[Extracted entries — start]

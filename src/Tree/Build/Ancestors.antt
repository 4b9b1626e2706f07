-- ===== src/Tree/Build/Ancestors.antt =====
-- tree.go: path.Dir leads from every path to the root, so the recursion of dir ends.
use mathlib.Core.List.{reverse-cons}
use repo_man.Safepath.{slash, dot, clean_seg, clean_segs, assemble, clean, dir_prefix, parent_dir}
use repo_man.Tree.Build.{trim_slashes}
use repo_man.Base.{
  ℕ, suc, ◌+◌, ◌-◌, ◌≤◌, ◌<◌, ◌≡◌, refl, ap, ◌∙◌, ◌⊎◌, inl, inr, Bool, true, false, arith, List, [],
  ◌∷◌, ◌++◌, reverse, Str, eqb, length, length-append, has_prefix, has_char, Lacks, All, split,
  split-append, split_whole, split-Lacks, join, join-split, trim, trim_left, trim_right, ◌==◌,
}

-- The length of path elements with a slash for each, and the same without the empty ones.
abbrev total_len : List Str → ℕ
total_len [] = 0
total_len (s ∷ ss) = suc (length s) + total_len ss

abbrev seg_len : Str → ℕ
seg_len [] = 0
seg_len (c ∷ s) = suc (suc (length s))

abbrev segs_len : List Str → ℕ
segs_len [] = 0
segs_len (s ∷ ss) = seg_len s + segs_len ss

seg_len-le : (s : Str) → seg_len s ≤ suc (length s)
seg_len-le [] = omega arith
seg_len-le (c ∷ s) = omega arith

segs_len-append : (xs ys : List Str) → segs_len (xs ++ ys) ≡ segs_len xs + segs_len ys
segs_len-append [] ys = omega arith
segs_len-append (x ∷ xs) ys = omega (arith, segs_len-append xs ys)

total_len-append : (xs ys : List Str) → total_len (xs ++ ys) ≡ total_len xs + total_len ys
total_len-append [] ys = omega arith
total_len-append (x ∷ xs) ys = omega (arith, total_len-append xs ys)

total_len-reverse : (xs : List Str) → total_len (reverse xs) ≡ total_len xs
total_len-reverse [] = refl
total_len-reverse (x ∷ xs) =
    rw (reverse-cons x xs)
      (omega (arith, total_len-append (reverse xs) (x ∷ []), total_len-reverse xs))

clean_seg-le :
    (rooted : Bool) (out : List Str) (seg : Str)
    → total_len (clean_seg rooted out seg) ≤ total_len out + seg_len seg
unfolding clean_seg eqb
clean_seg-le rooted [] [] = omega arith
clean_seg-le rooted (s ∷ out) [] = omega arith
clean_seg-le rooted [] (c ∷ seg) = ground arith
clean_seg-le rooted (s ∷ out) (c ∷ seg) = ground arith

clean_segs-le :
    (rooted : Bool) (out segs : List Str)
    → total_len (clean_segs rooted out segs) ≤ total_len out + segs_len segs
unfolding clean_segs
clean_segs-le rooted out [] = omega arith
clean_segs-le rooted out (seg ∷ segs) =
    omega (arith, clean_segs-le rooted (clean_seg rooted out seg) segs, clean_seg-le rooted out seg)

length-join-le : (ss : List Str) → length (join ss (slash ∷ [])) ≤ total_len ss - 1
unfolding join
length-join-le [] = omega arith
length-join-le (s ∷ []) = omega arith
length-join-le (s ∷ t ∷ ss) =
    omega (arith, length-append s (slash ∷ join (t ∷ ss) (slash ∷ [])), length-join-le (t ∷ ss))

dir_prefix-join-le : (ss : List Str) → length (dir_prefix ss) ≤ length (join ss (slash ∷ []))
unfolding join dir_prefix
dir_prefix-join-le [] = omega arith
dir_prefix-join-le (s ∷ []) = omega arith
dir_prefix-join-le (s ∷ t ∷ ss) = omega (
  arith,
  length-append s (slash ∷ join (t ∷ ss) (slash ∷ [])),
  length-append s (slash ∷ dir_prefix (t ∷ ss)),
  dir_prefix-join-le (t ∷ ss),
)

split-dir_prefix :
    (p q : Str) (ps : List Str)
    → Lacks slash p
    → split (dir_prefix (p ∷ q ∷ ps)) slash ≡ p ∷ split (dir_prefix (q ∷ ps)) slash
split-dir_prefix p q ps l =
    unfold dir_prefix in
    split-append p (dir_prefix (q ∷ ps)) slash
    ∙ ap (λ (ss : List Str). ss ++ split (dir_prefix (q ∷ ps)) slash) (split_whole p slash l)

length-dir_prefix :
    (p q : Str) (ps : List Str)
    → length (dir_prefix (p ∷ q ∷ ps)) ≡ length p + suc (length (dir_prefix (q ∷ ps)))
unfolding dir_prefix
length-dir_prefix p q ps = length-append p (slash ∷ dir_prefix (q ∷ ps))

-- The elements of the prefix are no longer than it, and shorter where it begins with a slash.
segs_len-dir_prefix :
    (ss : List Str)
    → All (Lacks slash) ss
    → segs_len (split (dir_prefix ss) slash) ≤ length (dir_prefix ss)
segs_len-dir_prefix [] l = unfold dir_prefix split in omega arith
segs_len-dir_prefix (p ∷ []) l = unfold dir_prefix split in omega arith
segs_len-dir_prefix (p ∷ q ∷ ps) l =
    rw (split-dir_prefix p q ps l.0)
      (omega (arith, seg_len-le p, segs_len-dir_prefix (q ∷ ps) l.1, length-dir_prefix p q ps))

rooted_prefix :
    (ss : List Str)
    → All (Lacks slash) ss
    → has_prefix (dir_prefix ss) (slash ∷ []) ≡ true
    → suc (segs_len (split (dir_prefix ss) slash)) ≤ length (dir_prefix ss)
rooted_prefix [] l h = absurd (unfold dir_prefix has_prefix in cc (h))
rooted_prefix (p ∷ []) l h = absurd (unfold dir_prefix has_prefix in cc (h))
rooted_prefix ([] ∷ q ∷ ps) l h =
    rw (split-dir_prefix [] q ps l.0)
      (omega (arith, segs_len-dir_prefix (q ∷ ps) l.1, length-dir_prefix [] q ps))
rooted_prefix ((c ∷ p) ∷ q ∷ ps) l h = absurd (clash l.0 h)
  where
    clash : Lacks slash (c ∷ p) → has_prefix (dir_prefix ((c ∷ p) ∷ q ∷ ps)) (slash ∷ []) ≡ true → ⊥
    clash m h = unfold dir_prefix has_prefix has_char in ground arith

-- A path that is shorter, or one at which dir stops.
abbrev pub Ends : Str → Str → Type 0
Ends r d = (length d < length r) ⊎ ((d ≡ dot) ⊎ (d ≡ slash ∷ []))

assemble-Ends :
    (r : Str) (rooted : Bool) (out : List Str) (n : ℕ)
    → total_len out ≤ n
    → n ≤ length r
    → (rooted ≡ true → suc n ≤ length r)
    → Ends r (assemble rooted out)
unfolding assemble join
assemble-Ends r true [] n a b c = inr (inr refl)
assemble-Ends r false [] n a b c = inr (inl refl)
assemble-Ends r true (s ∷ out) n a b c =
    inl (omega (arith, a, c refl, length-join-le (reverse (s ∷ out)), total_len-reverse (s ∷ out)))
assemble-Ends r false (s ∷ out) n a b c =
    inl (omega (arith, a, b, length-join-le (reverse (s ∷ out)), total_len-reverse (s ∷ out)))

-- path.Dir of a path is shorter than it, or is "." or "/".
pub parent_dir-Ends : (r : Str) → Ends r (parent_dir r)
unfolding parent_dir clean
parent_dir-Ends r =
    let ss = split r slash in
    let p = dir_prefix ss in
    let l = split-Lacks r slash in
    let rooted = has_prefix p (slash ∷ []) in
    let j : length (join ss (slash ∷ [])) ≡ length r = ap length (join-split r slash) in
    let k : length p ≤ length r = omega (arith, dir_prefix-join-le ss, j) in
    assemble-Ends r rooted (clean_segs rooted [] (split p slash)) (segs_len (split p slash))
      (omega (arith, clean_segs-le rooted [] (split p slash)))
      (omega (arith, segs_len-dir_prefix ss l, k)) (λ h. omega (arith, rooted_prefix ss l h, k))

length-trim_left-le : (p : ℕ → Bool) (s : Str) → length (trim_left p s) ≤ length s
unfolding trim_left
length-trim_left-le p [] = omega arith
length-trim_left-le p (c ∷ s) = ground (arith, length-trim_left-le p s)

length-reverse : (s : Str) → length (reverse s) ≡ length s
length-reverse [] = refl
length-reverse (c ∷ s) =
    rw (reverse-cons c s) (omega (arith, length-append (reverse s) (c ∷ []), length-reverse s))

pub length-trim_slashes-le : (s : Str) → length (trim_slashes s) ≤ length s
unfolding trim_slashes trim trim_right
length-trim_slashes-le s =
    let p : ℕ → Bool = λ c. c == slash in
    let t = trim_left p s in
    omega (
      arith,
      length-trim_left-le p s,
      length-reverse t,
      length-trim_left-le p (reverse t),
      length-reverse (trim_left p (reverse t)),
    )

[Extracted entries — finish]

**Aim of the task**
Reproduce verbatim only the segment of the listing bounded by the line containing "rooted_prefix [] l" and the line containing "rw (split-dir_prefix [] q ps l.0)", with both boundary lines included.

**Solution to this task**
rooted_prefix [] l h = absurd (unfold dir_prefix has_prefix in cc (h))
rooted_prefix (p ∷ []) l h = absurd (unfold dir_prefix has_prefix in cc (h))
rooted_prefix ([] ∷ q ∷ ps) l h =
    rw (split-dir_prefix [] q ps l.0)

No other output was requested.